Task statement: All lines in the data bearing the string "held" should be identified and copied.

Source data:
- Opening Delimiter -

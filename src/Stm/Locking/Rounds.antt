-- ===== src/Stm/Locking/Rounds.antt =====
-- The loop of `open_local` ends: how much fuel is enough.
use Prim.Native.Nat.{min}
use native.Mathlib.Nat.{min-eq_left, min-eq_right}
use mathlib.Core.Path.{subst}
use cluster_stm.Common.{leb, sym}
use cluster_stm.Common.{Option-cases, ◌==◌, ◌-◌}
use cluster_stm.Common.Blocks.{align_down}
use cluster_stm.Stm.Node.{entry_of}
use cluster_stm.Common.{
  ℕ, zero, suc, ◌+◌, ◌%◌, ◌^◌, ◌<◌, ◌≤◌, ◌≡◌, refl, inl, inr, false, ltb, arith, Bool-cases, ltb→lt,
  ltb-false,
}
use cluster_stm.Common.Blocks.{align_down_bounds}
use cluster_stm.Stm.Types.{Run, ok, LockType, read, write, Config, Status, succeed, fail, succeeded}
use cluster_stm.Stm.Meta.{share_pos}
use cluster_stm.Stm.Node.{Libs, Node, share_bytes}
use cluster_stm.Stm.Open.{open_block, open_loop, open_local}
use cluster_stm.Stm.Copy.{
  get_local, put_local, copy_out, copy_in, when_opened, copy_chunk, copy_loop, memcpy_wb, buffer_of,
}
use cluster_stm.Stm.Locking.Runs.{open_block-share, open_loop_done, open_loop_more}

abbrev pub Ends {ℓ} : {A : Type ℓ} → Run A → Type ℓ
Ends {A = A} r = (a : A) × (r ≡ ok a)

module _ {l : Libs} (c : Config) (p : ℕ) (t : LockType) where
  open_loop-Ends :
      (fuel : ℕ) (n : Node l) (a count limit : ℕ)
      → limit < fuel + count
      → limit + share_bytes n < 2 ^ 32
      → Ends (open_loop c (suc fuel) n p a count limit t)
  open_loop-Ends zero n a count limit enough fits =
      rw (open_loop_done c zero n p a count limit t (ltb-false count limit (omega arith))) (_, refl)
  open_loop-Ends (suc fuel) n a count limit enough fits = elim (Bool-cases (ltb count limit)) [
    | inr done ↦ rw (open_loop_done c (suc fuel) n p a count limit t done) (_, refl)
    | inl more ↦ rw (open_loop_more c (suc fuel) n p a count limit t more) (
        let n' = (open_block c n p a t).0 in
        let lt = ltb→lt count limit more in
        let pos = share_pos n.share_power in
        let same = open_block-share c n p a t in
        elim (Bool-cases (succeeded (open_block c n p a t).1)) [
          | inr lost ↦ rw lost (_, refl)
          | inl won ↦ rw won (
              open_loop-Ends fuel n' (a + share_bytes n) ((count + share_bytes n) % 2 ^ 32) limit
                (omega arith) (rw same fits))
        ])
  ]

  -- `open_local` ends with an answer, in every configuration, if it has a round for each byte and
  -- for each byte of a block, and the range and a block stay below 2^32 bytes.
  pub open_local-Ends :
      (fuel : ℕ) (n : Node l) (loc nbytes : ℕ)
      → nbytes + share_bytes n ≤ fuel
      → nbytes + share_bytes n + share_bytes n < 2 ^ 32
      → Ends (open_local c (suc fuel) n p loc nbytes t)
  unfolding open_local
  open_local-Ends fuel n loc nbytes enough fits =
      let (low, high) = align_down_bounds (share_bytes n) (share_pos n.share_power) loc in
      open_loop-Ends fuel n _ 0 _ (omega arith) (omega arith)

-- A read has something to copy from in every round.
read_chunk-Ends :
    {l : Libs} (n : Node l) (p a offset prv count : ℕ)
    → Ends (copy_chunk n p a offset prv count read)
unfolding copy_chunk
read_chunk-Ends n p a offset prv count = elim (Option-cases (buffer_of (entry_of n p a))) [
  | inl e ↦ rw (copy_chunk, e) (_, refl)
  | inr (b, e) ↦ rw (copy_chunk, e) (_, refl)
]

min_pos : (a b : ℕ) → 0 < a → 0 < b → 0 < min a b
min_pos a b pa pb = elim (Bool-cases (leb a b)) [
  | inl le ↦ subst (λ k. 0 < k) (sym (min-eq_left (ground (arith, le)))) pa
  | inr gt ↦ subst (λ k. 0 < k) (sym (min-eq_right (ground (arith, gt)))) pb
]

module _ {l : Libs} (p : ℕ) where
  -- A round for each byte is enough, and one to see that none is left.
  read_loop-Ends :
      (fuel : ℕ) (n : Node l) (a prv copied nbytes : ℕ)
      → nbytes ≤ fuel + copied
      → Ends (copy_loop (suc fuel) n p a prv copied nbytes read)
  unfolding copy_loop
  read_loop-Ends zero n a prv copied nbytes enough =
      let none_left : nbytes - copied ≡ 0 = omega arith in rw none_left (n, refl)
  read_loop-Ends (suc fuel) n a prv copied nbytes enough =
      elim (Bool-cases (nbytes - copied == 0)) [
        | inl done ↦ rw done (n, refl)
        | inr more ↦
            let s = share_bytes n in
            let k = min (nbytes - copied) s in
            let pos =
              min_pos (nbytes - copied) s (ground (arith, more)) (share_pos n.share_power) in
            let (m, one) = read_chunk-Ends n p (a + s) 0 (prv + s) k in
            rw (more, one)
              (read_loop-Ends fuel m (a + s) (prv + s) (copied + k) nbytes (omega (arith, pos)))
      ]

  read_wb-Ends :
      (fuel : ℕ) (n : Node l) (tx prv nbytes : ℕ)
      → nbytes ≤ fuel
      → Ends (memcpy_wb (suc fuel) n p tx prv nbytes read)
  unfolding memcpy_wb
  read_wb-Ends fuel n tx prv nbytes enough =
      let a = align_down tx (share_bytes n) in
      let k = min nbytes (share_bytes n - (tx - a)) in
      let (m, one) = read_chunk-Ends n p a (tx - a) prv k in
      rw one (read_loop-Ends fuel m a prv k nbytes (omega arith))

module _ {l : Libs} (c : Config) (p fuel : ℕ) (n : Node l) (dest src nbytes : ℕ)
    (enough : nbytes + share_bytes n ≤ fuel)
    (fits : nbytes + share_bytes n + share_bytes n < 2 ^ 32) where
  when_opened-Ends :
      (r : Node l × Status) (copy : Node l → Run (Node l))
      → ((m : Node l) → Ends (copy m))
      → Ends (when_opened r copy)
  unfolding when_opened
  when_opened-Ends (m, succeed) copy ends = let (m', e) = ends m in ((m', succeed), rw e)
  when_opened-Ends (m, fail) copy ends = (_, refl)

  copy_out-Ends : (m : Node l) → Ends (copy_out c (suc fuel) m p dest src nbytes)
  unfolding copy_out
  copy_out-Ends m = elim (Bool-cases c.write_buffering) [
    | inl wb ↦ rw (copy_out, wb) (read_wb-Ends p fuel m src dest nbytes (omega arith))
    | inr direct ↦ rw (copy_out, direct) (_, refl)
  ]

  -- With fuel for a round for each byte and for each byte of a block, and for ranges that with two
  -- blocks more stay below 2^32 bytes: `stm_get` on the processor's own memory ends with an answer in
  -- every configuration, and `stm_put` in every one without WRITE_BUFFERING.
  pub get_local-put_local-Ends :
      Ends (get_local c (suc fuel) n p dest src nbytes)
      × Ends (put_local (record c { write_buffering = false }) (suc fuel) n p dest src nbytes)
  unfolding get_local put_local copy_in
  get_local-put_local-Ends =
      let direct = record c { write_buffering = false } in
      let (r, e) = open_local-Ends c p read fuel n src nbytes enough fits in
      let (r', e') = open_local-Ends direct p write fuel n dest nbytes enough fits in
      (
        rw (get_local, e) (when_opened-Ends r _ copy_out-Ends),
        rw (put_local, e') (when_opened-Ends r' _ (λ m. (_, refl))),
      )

- Closing Delimiter -
- Opening Delimiter -

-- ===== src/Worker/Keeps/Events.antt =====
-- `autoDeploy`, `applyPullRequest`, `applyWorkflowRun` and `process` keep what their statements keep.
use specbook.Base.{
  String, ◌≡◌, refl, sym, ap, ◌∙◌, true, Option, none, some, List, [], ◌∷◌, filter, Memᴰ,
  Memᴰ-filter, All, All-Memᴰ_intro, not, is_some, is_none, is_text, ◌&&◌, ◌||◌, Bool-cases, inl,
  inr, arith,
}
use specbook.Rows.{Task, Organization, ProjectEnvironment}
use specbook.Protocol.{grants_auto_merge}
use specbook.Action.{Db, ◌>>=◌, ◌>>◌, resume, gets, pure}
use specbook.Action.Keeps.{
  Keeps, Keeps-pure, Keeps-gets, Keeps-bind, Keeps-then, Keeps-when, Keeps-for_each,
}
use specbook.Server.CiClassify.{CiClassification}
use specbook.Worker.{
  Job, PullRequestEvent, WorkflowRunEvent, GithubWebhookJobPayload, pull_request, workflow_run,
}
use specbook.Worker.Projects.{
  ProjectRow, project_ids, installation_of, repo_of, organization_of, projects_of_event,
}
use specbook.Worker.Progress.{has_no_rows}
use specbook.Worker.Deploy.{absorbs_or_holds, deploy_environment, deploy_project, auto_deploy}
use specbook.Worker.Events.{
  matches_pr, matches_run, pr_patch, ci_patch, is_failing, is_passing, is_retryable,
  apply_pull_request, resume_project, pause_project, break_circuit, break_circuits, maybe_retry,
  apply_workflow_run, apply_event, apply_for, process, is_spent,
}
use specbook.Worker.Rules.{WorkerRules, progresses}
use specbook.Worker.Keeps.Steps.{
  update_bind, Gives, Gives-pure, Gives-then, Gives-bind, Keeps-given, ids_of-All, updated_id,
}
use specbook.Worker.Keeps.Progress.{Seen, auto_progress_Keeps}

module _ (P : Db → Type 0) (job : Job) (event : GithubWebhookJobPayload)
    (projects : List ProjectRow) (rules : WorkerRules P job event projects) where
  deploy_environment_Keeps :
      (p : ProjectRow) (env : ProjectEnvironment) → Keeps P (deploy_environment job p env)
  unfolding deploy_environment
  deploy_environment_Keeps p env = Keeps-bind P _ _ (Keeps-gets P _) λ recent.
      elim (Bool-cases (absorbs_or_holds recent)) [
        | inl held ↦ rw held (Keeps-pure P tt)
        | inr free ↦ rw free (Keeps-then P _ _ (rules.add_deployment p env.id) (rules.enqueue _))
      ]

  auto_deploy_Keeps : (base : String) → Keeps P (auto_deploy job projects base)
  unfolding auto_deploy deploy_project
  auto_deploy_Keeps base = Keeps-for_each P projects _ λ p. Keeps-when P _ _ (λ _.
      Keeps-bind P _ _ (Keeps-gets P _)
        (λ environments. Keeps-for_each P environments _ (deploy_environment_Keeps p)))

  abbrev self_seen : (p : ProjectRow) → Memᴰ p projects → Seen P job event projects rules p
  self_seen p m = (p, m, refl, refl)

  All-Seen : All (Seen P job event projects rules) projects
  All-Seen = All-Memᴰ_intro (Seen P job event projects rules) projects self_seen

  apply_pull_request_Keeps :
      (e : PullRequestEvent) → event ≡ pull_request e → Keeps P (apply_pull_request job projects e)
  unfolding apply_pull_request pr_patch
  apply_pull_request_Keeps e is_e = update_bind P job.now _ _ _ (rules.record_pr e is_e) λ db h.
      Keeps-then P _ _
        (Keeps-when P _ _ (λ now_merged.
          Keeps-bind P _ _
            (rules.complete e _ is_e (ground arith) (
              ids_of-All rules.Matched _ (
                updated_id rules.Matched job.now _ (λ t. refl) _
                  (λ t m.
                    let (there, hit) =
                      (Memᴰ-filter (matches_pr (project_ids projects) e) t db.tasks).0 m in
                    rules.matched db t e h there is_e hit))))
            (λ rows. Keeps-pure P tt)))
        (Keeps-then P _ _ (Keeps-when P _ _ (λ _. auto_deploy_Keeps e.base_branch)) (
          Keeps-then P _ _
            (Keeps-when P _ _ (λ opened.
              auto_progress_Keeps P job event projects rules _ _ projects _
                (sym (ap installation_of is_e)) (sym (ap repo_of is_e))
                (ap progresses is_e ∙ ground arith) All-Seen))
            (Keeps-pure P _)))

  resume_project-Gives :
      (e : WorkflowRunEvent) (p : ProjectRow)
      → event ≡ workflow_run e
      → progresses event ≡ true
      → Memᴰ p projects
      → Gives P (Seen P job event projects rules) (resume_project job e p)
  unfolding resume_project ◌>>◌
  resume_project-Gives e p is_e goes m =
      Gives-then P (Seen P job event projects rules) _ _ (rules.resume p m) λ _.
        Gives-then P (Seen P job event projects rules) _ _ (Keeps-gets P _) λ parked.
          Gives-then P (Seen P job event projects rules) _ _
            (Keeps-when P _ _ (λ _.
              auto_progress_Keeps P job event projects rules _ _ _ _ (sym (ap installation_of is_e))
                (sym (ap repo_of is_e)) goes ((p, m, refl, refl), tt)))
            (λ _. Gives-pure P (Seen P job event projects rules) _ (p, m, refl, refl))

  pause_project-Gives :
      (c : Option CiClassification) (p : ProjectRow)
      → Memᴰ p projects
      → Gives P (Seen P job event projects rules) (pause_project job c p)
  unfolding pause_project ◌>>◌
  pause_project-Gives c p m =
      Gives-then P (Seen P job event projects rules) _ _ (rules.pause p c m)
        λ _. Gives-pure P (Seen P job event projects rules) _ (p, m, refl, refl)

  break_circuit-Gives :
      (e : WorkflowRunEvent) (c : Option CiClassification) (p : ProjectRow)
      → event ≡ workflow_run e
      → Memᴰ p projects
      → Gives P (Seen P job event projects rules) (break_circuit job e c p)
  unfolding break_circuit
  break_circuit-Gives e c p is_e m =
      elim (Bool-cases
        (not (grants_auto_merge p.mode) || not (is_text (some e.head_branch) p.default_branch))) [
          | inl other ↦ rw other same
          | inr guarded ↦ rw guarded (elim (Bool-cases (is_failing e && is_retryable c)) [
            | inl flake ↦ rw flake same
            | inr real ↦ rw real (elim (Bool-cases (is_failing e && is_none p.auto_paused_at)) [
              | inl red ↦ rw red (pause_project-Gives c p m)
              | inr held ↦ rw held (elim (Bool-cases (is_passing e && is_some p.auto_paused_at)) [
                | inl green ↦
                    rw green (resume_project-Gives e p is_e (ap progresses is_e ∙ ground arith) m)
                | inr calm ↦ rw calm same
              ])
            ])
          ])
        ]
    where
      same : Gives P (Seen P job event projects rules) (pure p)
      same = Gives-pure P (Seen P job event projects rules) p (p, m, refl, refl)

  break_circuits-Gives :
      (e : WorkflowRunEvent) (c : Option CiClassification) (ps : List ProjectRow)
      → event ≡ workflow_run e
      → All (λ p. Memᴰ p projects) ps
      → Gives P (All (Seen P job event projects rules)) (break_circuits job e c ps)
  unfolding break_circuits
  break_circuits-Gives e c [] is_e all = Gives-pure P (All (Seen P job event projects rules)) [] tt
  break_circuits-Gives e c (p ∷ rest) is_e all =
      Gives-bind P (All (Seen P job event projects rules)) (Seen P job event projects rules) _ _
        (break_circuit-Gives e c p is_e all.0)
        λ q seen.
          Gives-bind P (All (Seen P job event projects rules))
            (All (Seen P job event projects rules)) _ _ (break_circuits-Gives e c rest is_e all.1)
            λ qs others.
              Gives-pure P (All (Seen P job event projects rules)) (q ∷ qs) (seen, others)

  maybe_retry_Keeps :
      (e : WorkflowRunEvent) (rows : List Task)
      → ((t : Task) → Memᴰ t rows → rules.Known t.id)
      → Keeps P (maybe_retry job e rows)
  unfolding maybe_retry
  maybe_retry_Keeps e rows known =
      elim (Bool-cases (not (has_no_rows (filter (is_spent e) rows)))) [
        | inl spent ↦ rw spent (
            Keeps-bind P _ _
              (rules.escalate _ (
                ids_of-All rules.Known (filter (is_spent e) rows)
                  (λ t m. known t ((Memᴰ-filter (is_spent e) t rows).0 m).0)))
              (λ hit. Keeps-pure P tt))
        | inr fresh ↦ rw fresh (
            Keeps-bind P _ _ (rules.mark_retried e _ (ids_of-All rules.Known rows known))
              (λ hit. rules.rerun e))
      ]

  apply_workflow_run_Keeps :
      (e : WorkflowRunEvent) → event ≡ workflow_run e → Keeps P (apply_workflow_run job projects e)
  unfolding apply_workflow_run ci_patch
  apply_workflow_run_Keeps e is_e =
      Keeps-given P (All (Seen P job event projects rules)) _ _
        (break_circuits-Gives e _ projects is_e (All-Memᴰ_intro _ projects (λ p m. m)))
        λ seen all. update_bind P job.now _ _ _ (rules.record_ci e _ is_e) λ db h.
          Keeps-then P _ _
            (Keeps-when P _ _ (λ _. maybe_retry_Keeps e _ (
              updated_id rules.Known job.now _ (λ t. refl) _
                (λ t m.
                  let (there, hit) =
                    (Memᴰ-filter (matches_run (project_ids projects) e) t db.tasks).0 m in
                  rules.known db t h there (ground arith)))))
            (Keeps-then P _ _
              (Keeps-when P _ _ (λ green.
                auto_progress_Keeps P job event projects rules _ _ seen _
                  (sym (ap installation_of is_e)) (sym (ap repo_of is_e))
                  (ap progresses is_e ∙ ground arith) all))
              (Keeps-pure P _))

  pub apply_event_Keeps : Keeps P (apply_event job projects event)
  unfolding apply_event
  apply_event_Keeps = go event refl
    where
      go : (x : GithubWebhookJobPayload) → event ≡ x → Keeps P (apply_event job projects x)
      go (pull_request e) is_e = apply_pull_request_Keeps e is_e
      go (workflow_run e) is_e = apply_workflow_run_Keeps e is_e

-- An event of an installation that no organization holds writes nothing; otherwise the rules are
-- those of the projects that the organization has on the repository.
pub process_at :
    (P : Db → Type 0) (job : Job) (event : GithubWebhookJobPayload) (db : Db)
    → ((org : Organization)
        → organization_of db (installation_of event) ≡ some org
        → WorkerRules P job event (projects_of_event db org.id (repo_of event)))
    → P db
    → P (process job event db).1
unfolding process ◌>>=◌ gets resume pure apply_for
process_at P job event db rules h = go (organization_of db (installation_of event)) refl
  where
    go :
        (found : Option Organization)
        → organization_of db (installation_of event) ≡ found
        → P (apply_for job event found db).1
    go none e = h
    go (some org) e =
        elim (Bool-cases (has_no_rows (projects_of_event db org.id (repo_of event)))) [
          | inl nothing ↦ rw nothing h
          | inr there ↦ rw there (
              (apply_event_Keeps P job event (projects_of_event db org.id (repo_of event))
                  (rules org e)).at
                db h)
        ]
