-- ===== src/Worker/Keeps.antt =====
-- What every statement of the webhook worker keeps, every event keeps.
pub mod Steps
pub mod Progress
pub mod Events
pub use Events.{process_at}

- Closing Delimiter -

Response:
        | inl held ↦ rw held (Keeps-pure P tt)
              | inr held ↦ rw held (elim (Bool-cases (is_passing e && is_some p.auto_paused_at)) [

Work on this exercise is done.